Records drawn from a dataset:

..........

-- ===== src/Lib.antt =====
-- Verification library of the stlink tools: the C library and tools under .deprecated/.
--
-- A host program holds a context (struct _stlink) whose backend sends commands to a probe, which reads
-- and writes the memory and the registers of an STM32. The flash code drives the flash controller of
-- the chip through single words of its registers; the gdb server talks to gdb over a socket.
--
-- - Stlink: the context, the operations of its backend (.deprecated/inc/stlink.h), and in
--   Stlink/ReadWrite the functions of .deprecated/src/stlink-lib/read_write.c. The transports are not
--   modelled: a backend is any record of functions from the history of the calls made so far, so what
--   it answers may depend on all that it was asked. A function of the C code is a step on the context;
--   it carries the C name, and a call of the backend adds itself to the history.
-- - Registers: the addresses, bits and keys of .deprecated/inc/stm32_flash.h and stm32.h that the code
--   uses, one module for each prefix of the names (STM32_FLASH_F4_CR is Registers.F4.cr).
-- - Calculate: .deprecated/src/stlink-lib/calculate.c and stlink_calculate_pagesize of common_legacy.c.
-- - Flash: .deprecated/src/stlink-lib/common_flash.c. Control, Status and CrBits read and write the
--   registers of every flash type, Unlock and OptionLock open and close the locks, ErasePage and
--   EraseSection erase, Range checks addresses, Verify compares the flash with data (with check_file of
--   map_file.c), Trim is the length that stlink_mwrite_flash and stlink_fwrite_flash write. LockState
--   is the specification of the lock of a controller.
-- - Gdb/Remote: .deprecated/src/st-util/gdb-remote.c over a socket that is the bytes to come, the
--   bytes sent and the number of writes that it takes; a byte written behind the end of the buffer is
--   the result none. Strto is the strtoul that it uses.
-- - Gdb/Server: of .deprecated/src/st-util/gdb-server.c, Watch the data watchpoints, Break the code
--   breakpoints, Load the blocks that gdb fills for the flash, and Cache the caches of the M7. The
--   static variables are arguments and results. Stlink/Registers says what the writes made so far
--   have left in a register, which is how the tables are compared with the comparators of the chip.
-- - Target: of .deprecated/src/stlink-lib/common_legacy.c, the core: its watchdogs, its state, the runs,
--   the resets (Target/Reset), the exit of the debug mode (Target/Leave), and the ids of the
--   core and the chip (Target/Identify).
-- - Loader: .deprecated/src/stlink-lib/flash_loader.c. Choice picks the loader for the chip and places it
--   in its memory, Start and Stop prepare and leave the programming, Run hands the loader a block and
--   waits for the core, HalfPages, Words and Chunks are the loops of stlink_flashloader_write, and
--   Write is that function. Registers/Loaders has the code of the loaders as bytes.
-- - WriteFlash: of .deprecated/src/stlink-lib/common_flash.c, stlink_write_flash and stlink_write_otp, the
--   writes of buffers and files, with the checks, the erase and the comparison.
-- - WriteRam: of common_legacy.c, the writes of buffers and files to the RAM of the chip.
-- - Options: .deprecated/src/stlink-lib/option_bytes.c. Read has the reads, Small the writes of one or two
--   registers, Loops the writes of runs of words, Fpec those of the F0, F1 and F3 by the loader, and
--   Write the entry points, between the unlocking and the locking.
-- - Stlink/Image says what the writes made so far have left at an address, and Stlink/Returns which
--   steps return whatever the backend answers.
-- - Ihex: the Intel HEX files of .deprecated/src/stlink-lib/common_legacy.c, the writer
--   (stlink_fread_ihex_*) over fprintf and fclose as parameters, and stlink_parse_ihex over the
--   characters of a file.
-- - Trace: the decoder of .deprecated/src/st-trace/trace.c, a state machine over the bytes of the trace
--   stream with what it prints as a field.
-- - Word has the operations on uint32_t, on natural numbers with the wrap-around written out, and
--   Prelude what all files share. Tests runs the model.
--
-- A ladder of tests on the flash type is a function by clauses on the type. A loop that polls the
-- chip, or steps over pages, takes fuel, and none is the result when it runs out: a wait needs one
-- more than the polls that find the controller busy, the alignment check one more than the pages that
-- start below the address, and the verification one more than the bytes. The receive loop of gdb
-- ends with its input. The mask of a watchpoint takes a round for each binary digit of the length and
-- two more, so 33 are enough below 2^31, and ceil_log2 has 33 as well. The loops of a write take a
-- round for each chunk, row or word and one more, so one more than the bytes is enough where a round
-- writes at least one. The waits of 500 ms take as many polls as the backend says fit in. Results of
-- type int32_t are pos n and negsuc n, for -(n + 1). Log output and pauses are left out.
--
-- A local struct that the source leaves unassigned is an argument (flash_loader_t) or a field of the context
-- (struct stlink_reg). What a transport itself keeps in q_buf between two calls is not modelled, nor what
-- the code of a loader does on the target.
--
-- Not modelled: the parameters of the chip and the connection, the command lines, the commands of
-- the gdb server, the transports (usb.c, sg_legacy.c, remote.c), MD5, the graphical program, and the C++
-- library under libstlink/.
pub mod Prelude
pub mod Word
pub mod Registers
pub mod Stlink
pub mod Calculate
pub mod Flash
pub mod Strto
pub mod Target
pub mod Loader
pub mod WriteFlash
pub mod WriteRam
pub mod Options
pub mod Gdb
pub mod Ihex
pub mod Trace
mod Tests
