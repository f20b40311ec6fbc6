-- ===== src/Word.antt =====
-- uint32_t values are numbers below 2 ^ 32, with the wrap-around of the C operators written out.
pub mod Digits
pub mod Bits
pub mod Align
pub mod Masks
use libstlink.Prelude.{
  ℕ, ◌+◌, ◌-◌, ◌*◌, ◌/◌, ◌%◌, ◌^◌, Bool, not, ◌==◌, bit_and, ℤ, pos, negsuc, ltb, if◌then◌else◌,
}

abbrev pub u32_mod : ℕ
u32_mod = 2 ^ 32

abbrev pub uint32_max : ℕ
uint32_max = 0xffffffff

-- a + b, a - b and n << k at uint32_t.
abbrev pub add32 : ℕ → ℕ → ℕ
add32 a b = (a + b) % u32_mod

abbrev pub sub32 : ℕ → ℕ → ℕ
sub32 a b = (a + u32_mod - b) % u32_mod

abbrev pub shl32 : ℕ → ℕ → ℕ
shl32 n k = n * 2 ^ k % u32_mod

-- n >> k
abbrev pub shr32 : ℕ → ℕ → ℕ
shr32 n k = n / 2 ^ k

-- ~n
abbrev pub not32 : ℕ → ℕ
not32 n = uint32_max - n

-- n & ~mask
abbrev pub clear : ℕ → ℕ → ℕ
clear n mask = bit_and n (not32 mask)

-- A uint32_t converted to int32_t.
abbrev pub as_int32 : ℕ → ℤ
as_int32 n = if ltb n 0x80000000 then pos n else negsuc (uint32_max - n)

-- The truth value of a uint32_t.
abbrev pub is_set : ℕ → Bool
is_set n = not (n == 0)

..........

WHAT YOU HAVE TO DO:
Write every entry out again exactly.

EXPECTED ANSWER:
-- ===== src/Lib.antt =====
-- Verification library of the stlink tools: the C library and tools under .deprecated/.
--
-- A host program holds a context (struct _stlink) whose backend sends commands to a probe, which reads
-- and writes the memory and the registers of an STM32. The flash code drives the flash controller of
-- the chip through single words of its registers; the gdb server talks to gdb over a socket.
--
-- - Stlink: the context, the operations of its backend (.deprecated/inc/stlink.h), and in
--   Stlink/ReadWrite the functions of .deprecated/src/stlink-lib/read_write.c. The transports are not
--   modelled: a backend is any record of functions from the history of the calls made so far, so what
--   it answers may depend on all that it was asked. A function of the C code is a step on the context;
--   it carries the C name, and a call of the backend adds itself to the history.
-- - Registers: the addresses, bits and keys of .deprecated/inc/stm32_flash.h and stm32.h that the code
--   uses, one module for each prefix of the names (STM32_FLASH_F4_CR is Registers.F4.cr).
-- - Calculate: .deprecated/src/stlink-lib/calculate.c and stlink_calculate_pagesize of common_legacy.c.
-- - Flash: .deprecated/src/stlink-lib/common_flash.c. Control, Status and CrBits read and write the
--   registers of every flash type, Unlock and OptionLock open and close the locks, ErasePage and
--   EraseSection erase, Range checks addresses, Verify compares the flash with data (with check_file of
--   map_file.c), Trim is the length that stlink_mwrite_flash and stlink_fwrite_flash write. LockState
--   is the specification of the lock of a controller.
-- - Gdb/Remote: .deprecated/src/st-util/gdb-remote.c over a socket that is the bytes to come, the
--   bytes sent and the number of writes that it takes; a byte written behind the end of the buffer is
--   the result none. Strto is the strtoul that it uses.
-- - Gdb/Server: of .deprecated/src/st-util/gdb-server.c, Watch the data watchpoints, Break the code
--   breakpoints, Load the blocks that gdb fills for the flash, and Cache the caches of the M7. The
--   static variables are arguments and results. Stlink/Registers says what the writes made so far
--   have left in a register, which is how the tables are compared with the comparators of the chip.
-- - Target: of .deprecated/src/stlink-lib/common_legacy.c, the core: its watchdogs, its state, the runs,
--   the resets (Target/Reset), the exit of the debug mode (Target/Leave), and the ids of the
--   core and the chip (Target/Identify).
-- - Loader: .deprecated/src/stlink-lib/flash_loader.c. Choice picks the loader for the chip and places it
--   in its memory, Start and Stop prepare and leave the programming, Run hands the loader a block and
--   waits for the core, HalfPages, Words and Chunks are the loops of stlink_flashloader_write, and
--   Write is that function. Registers/Loaders has the code of the loaders as bytes.
-- - WriteFlash: of .deprecated/src/stlink-lib/common_flash.c, stlink_write_flash and stlink_write_otp, the
--   writes of buffers and files, with the checks, the erase and the comparison.
-- - WriteRam: of common_legacy.c, the writes of buffers and files to the RAM of the chip.
-- - Options: .deprecated/src/stlink-lib/option_bytes.c. Read has the reads, Small the writes of one or two
--   registers, Loops the writes of runs of words, Fpec those of the F0, F1 and F3 by the loader, and
--   Write the entry points, between the unlocking and the locking.
-- - Stlink/Image says what the writes made so far have left at an address, and Stlink/Returns which
--   steps return whatever the backend answers.
-- - Ihex: the Intel HEX files of .deprecated/src/stlink-lib/common_legacy.c, the writer
--   (stlink_fread_ihex_*) over fprintf and fclose as parameters, and stlink_parse_ihex over the
--   characters of a file.
-- - Trace: the decoder of .deprecated/src/st-trace/trace.c, a state machine over the bytes of the trace
--   stream with what it prints as a field.
-- - Word has the operations on uint32_t, on natural numbers with the wrap-around written out, and
--   Prelude what all files share. Tests runs the model.
--
-- A ladder of tests on the flash type is a function by clauses on the type. A loop that polls the
-- chip, or steps over pages, takes fuel, and none is the result when it runs out: a wait needs one
-- more than the polls that find the controller busy, the alignment check one more than the pages that
-- start below the address, and the verification one more than the bytes. The receive loop of gdb
-- ends with its input. The mask of a watchpoint takes a round for each binary digit of the length and
-- two more, so 33 are enough below 2^31, and ceil_log2 has 33 as well. The loops of a write take a
-- round for each chunk, row or word and one more, so one more than the bytes is enough where a round
-- writes at least one. The waits of 500 ms take as many polls as the backend says fit in. Results of
-- type int32_t are pos n and negsuc n, for -(n + 1). Log output and pauses are left out.
--
-- A local struct that the source leaves unassigned is an argument (flash_loader_t) or a field of the context
-- (struct stlink_reg). What a transport itself keeps in q_buf between two calls is not modelled, nor what
-- the code of a loader does on the target.
--
-- Not modelled: the parameters of the chip and the connection, the command lines, the commands of
-- the gdb server, the transports (usb.c, sg_legacy.c, remote.c), MD5, the graphical program, and the C++
-- library under libstlink/.
pub mod Prelude
pub mod Word
pub mod Registers
pub mod Stlink
pub mod Calculate
pub mod Flash
pub mod Strto
pub mod Target
pub mod Loader
pub mod WriteFlash
pub mod WriteRam
pub mod Options
pub mod Gdb
pub mod Ihex
pub mod Trace
mod Tests
repository f20b40311ec6fbc6
-- ===== src/Word.antt =====
-- uint32_t values are numbers below 2 ^ 32, with the wrap-around of the C operators written out.
pub mod Digits
pub mod Bits
pub mod Align
pub mod Masks
use libstlink.Prelude.{
  ℕ, ◌+◌, ◌-◌, ◌*◌, ◌/◌, ◌%◌, ◌^◌, Bool, not, ◌==◌, bit_and, ℤ, pos, negsuc, ltb, if◌then◌else◌,
}

abbrev pub u32_mod : ℕ
u32_mod = 2 ^ 32

abbrev pub uint32_max : ℕ
uint32_max = 0xffffffff

-- a + b, a - b and n << k at uint32_t.
abbrev pub add32 : ℕ → ℕ → ℕ
add32 a b = (a + b) % u32_mod

abbrev pub sub32 : ℕ → ℕ → ℕ
sub32 a b = (a + u32_mod - b) % u32_mod

abbrev pub shl32 : ℕ → ℕ → ℕ
shl32 n k = n * 2 ^ k % u32_mod

-- n >> k
abbrev pub shr32 : ℕ → ℕ → ℕ
shr32 n k = n / 2 ^ k

-- ~n
abbrev pub not32 : ℕ → ℕ
not32 n = uint32_max - n

-- n & ~mask
abbrev pub clear : ℕ → ℕ → ℕ
clear n mask = bit_and n (not32 mask)

-- A uint32_t converted to int32_t.
abbrev pub as_int32 : ℕ → ℤ
as_int32 n = if ltb n 0x80000000 then pos n else negsuc (uint32_max - n)

-- The truth value of a uint32_t.
abbrev pub is_set : ℕ → Bool
is_set n = not (n == 0)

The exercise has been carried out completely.